- Task objective -
Scan the entries for the word "ftvl", and copy every line where it appears.

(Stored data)
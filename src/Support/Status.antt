-- ===== src/Support/Status.antt =====
-- The device-wide records of src/driver/devmain.cpp but for sync: requests to the device, and what it
-- shows of its state. The record's own fields are arguments; a TRY without a RecInfo is in Support/Types.
pub mod Bounds
use feed_core.Prelude.{
  ℕ, zero, suc, ◌+◌, ◌-◌, ◌^◌, ◌%◌, Bool, true, false, not, ◌&&◌, List, [], ◌∷◌, ◌++◌, Option, none,
  some, if◌then◌else◌, ltb, ◌==◌, Bytes, codes, length, take, drop, min,
}
use feed_core.Prelude.Int.{ℤ, signed32}
use feed_core.Prelude.Exn.{Exn, runtime_error, Result, ok, ◌>>=◌}
use feed_core.Options.{Pairs, read_number}
use feed_core.Prelude.Maps.{lookup, bytes_key}
use feed_core.Prelude.Words.{add32}
use feed_core.Device.Types.{
  comm_alarm, read_alarm, write_alarm, invalid_severity, DevState, error, idle, searching,
  inspecting, running, RegState, invalid, in_sync, reading, writing, Device, reg_at,
}
use feed_core.Device.Reset.{request_reset}
use feed_core.Support.Types.{
  Ftype, char, Prec, Status, success, enodev, einval, failure, Call, raise, caught,
}

-- write_address. `resolves` says whether aToIPAddr takes the text for a host and a port; the address itself
-- is not modelled.
unfoldable pub write_address : (Bytes → Bool) → Bytes → Prec → Device → Call
write_address resolves [] prec d = record {
  status = success;
  prec = prec;
  device = record (request_reset d) { peer_name = [] };
}
write_address resolves (c ∷ cs) prec d =
    if not (resolves (c ∷ cs))
    then record { status = einval; prec = raise write_alarm invalid_severity prec; device = d }
    else record {
      status = success;
      prec = prec;
      device = record (request_reset d) { peer_name = c ∷ cs };
    }

-- force_error. The device holds its last message as an Exn.
unfoldable pub force_error : Exn → Device → Device
force_error val d = record d { last_message = some val; error_requested = true }

-- read_dev_state
abbrev pub state_code : DevState → ℕ
state_code error = 0
state_code idle = 1
state_code searching = 2
state_code inspecting = 3
state_code running = 4

-- read_reg_state
abbrev pub reg_state_code : RegState → ℕ
reg_state_code invalid = 0
reg_state_code in_sync = 1
reg_state_code reading = 2
reg_state_code writing = 3

unfoldable pub read_reg_state : Option ℕ → Device → ℕ
read_reg_state none d = 0
read_reg_state (some p) d = 1 + reg_state_code (reg_at d p).state

-- read_inc, of VAL
unfoldable pub read_inc : ℕ → ℕ
read_inc val = add32 val 1

-- An array record of nelm characters: its buffer and NORD after the call.
pub record Text : Type 0 where
  pub status : Status
  pub prec : Prec
  pub buffer : Bytes
  pub nord : ℕ

-- The text that the option `offset` selects.
abbrev pub json_text : ℕ → Device → Option Bytes
json_text offset d =
    if offset == 0
    then some d.description
    else if offset == 1
    then some d.jsonhash
    else if offset == 2
    then some d.codehash
    else none

-- The first `len` characters of a text with its NUL, the last of them replaced by NUL.
unfoldable pub cut_text : ℕ → Bytes → Bytes
cut_text len text = take (len - 1) text ++ 0 ∷ []

abbrev pub no_text : Prec → Bytes → ℕ → Text
no_text prec buffer nord = record {
  status = failure;
  prec = raise read_alarm invalid_severity prec;
  buffer = buffer;
  nord = nord;
}

abbrev pub is_char : Ftype → Bool
is_char char = true
is_char _ = false

-- The copy over the start of the buffer.
unfoldable pub read_text : Option Bytes → Prec → Bytes → ℕ → Text
read_text none prec buffer nord = no_text prec buffer nord
read_text (some text) prec buffer nord =
    let len = min (length text + 1) (length buffer) in
    if len == 0 then no_text prec buffer nord else record {
      status = success;
      prec = prec;
      buffer = cut_text len text ++ drop len buffer;
      nord = len;
    }

-- read_jsoninfo
unfoldable pub read_jsoninfo : Ftype → ℕ → Prec → Bytes → ℕ → Device → Text
read_jsoninfo ftvl offset prec buffer nord d =
    if is_char ftvl
    then read_text (json_text offset d) prec buffer nord
    else no_text prec buffer nord

-- read_counter, of VAL: the bit pattern of an epicsInt32.
abbrev pub counter : ℕ → Device → Option ℕ
counter offset d =
    if offset == 0
    then some d.cnt_sent
    else if offset == 1
    then some d.cnt_recv
    else if offset == 2
    then some d.cnt_ignore
    else if offset == 3
    then some d.cnt_timo
    else if offset == 4
    then some d.cnt_err
    else if offset == 5
    then some d.send_seq
    else if offset == 6
    then some d.cnt_recv_bytes
    else none

unfoldable pub counted : Option ℕ → ℕ → Prec → ℕ × Prec
counted none val prec = (val, raise read_alarm invalid_severity prec)
counted (some n) val prec = (n % 2 ^ 32, prec)

unfoldable pub read_counter : ℕ → ℕ → Prec → Device → ℕ × Prec
read_counter offset val prec d = counted (counter offset d) val prec

abbrev pub text_of : Call → Bytes → ℕ → Text
text_of c buffer nord = record { status = c.status; prec = c.prec; buffer = buffer; nord = nord }

-- read_error, where `message` is the text of the device's last message.
unfoldable pub read_error : Bytes → Prec → Bytes → ℕ → Device → Text
read_error message prec buffer nord d =
    let len = min (length buffer) (length message + 1) in
    if ltb (length buffer) 2 then text_of (caught prec d) buffer nord else record {
      status = success;
      prec = prec;
      buffer = cut_text len message ++ drop len buffer;
      nord = len;
    }

-- read_jblob
abbrev pub blob_at : ℕ → Device → Option Bytes
blob_at offset d =
    if offset == 0 then some d.dev_infos else if offset == 1 then some d.raw_infos else none

unfoldable pub read_blob : Option Bytes → Prec → Bytes → ℕ → Device → Text
read_blob none prec buffer nord d = text_of (caught prec d) buffer nord
read_blob (some blob) prec buffer nord d =
    if not (length blob == 0) && not (ltb (length buffer) (length blob))
    then record {
      status = success;
      prec = prec;
      buffer = blob ++ drop (length blob) buffer;
      nord = length blob;
    }
    else record {
      status = enodev;
      prec = raise comm_alarm invalid_severity prec;
      buffer = buffer;
      nord = nord;
    }

unfoldable pub read_jblob : ℕ → Prec → Bytes → ℕ → Device → Text
read_jblob offset prec buffer nord d =
    if ltb (length buffer) 16
    then text_of (caught prec d) buffer nord
    else read_blob (blob_at offset d) prec buffer nord d

-- MetaInfo
pub record MetaInfo : Type 0 where
  pub regname : Bytes
  pub has_default : Bool
  pub defval : ℕ

unfoldable pub with_default : (Bytes → Option ℕ) → MetaInfo → Option Bytes → Result MetaInfo
with_default parse_uint32 info none = ok (record info { has_default = false })
with_default parse_uint32 info (some text) =
    read_number (runtime_error "Error parsing integer" []) parse_uint32 text >>= λ defval.
    ok (record info { has_default = true; defval = defval })

-- MetaInfo::configure
unfoldable pub configure_meta : (Bytes → Option ℕ) → Pairs → MetaInfo → Result MetaInfo
configure_meta parse_uint32 pairs info =
    with_default parse_uint32 info (lookup (codes "default") pairs)

-- read_metadata, of VAL
unfoldable pub default_meta : MetaInfo → Option ℤ → ℤ → Prec → ℤ × Prec
default_meta info (some v) val prec = (v, prec)
default_meta info none val prec =
    if not info.has_default
    then (val, raise read_alarm invalid_severity prec)
    else (signed32 info.defval, prec)

unfoldable pub read_metadata : MetaInfo → ℤ → Prec → Device → ℤ × Prec
read_metadata info val prec d = default_meta info (lookup info.regname d.info32) val prec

- Answer section -
read_jsoninfo ftvl offset prec buffer nord d =
    if is_char ftvl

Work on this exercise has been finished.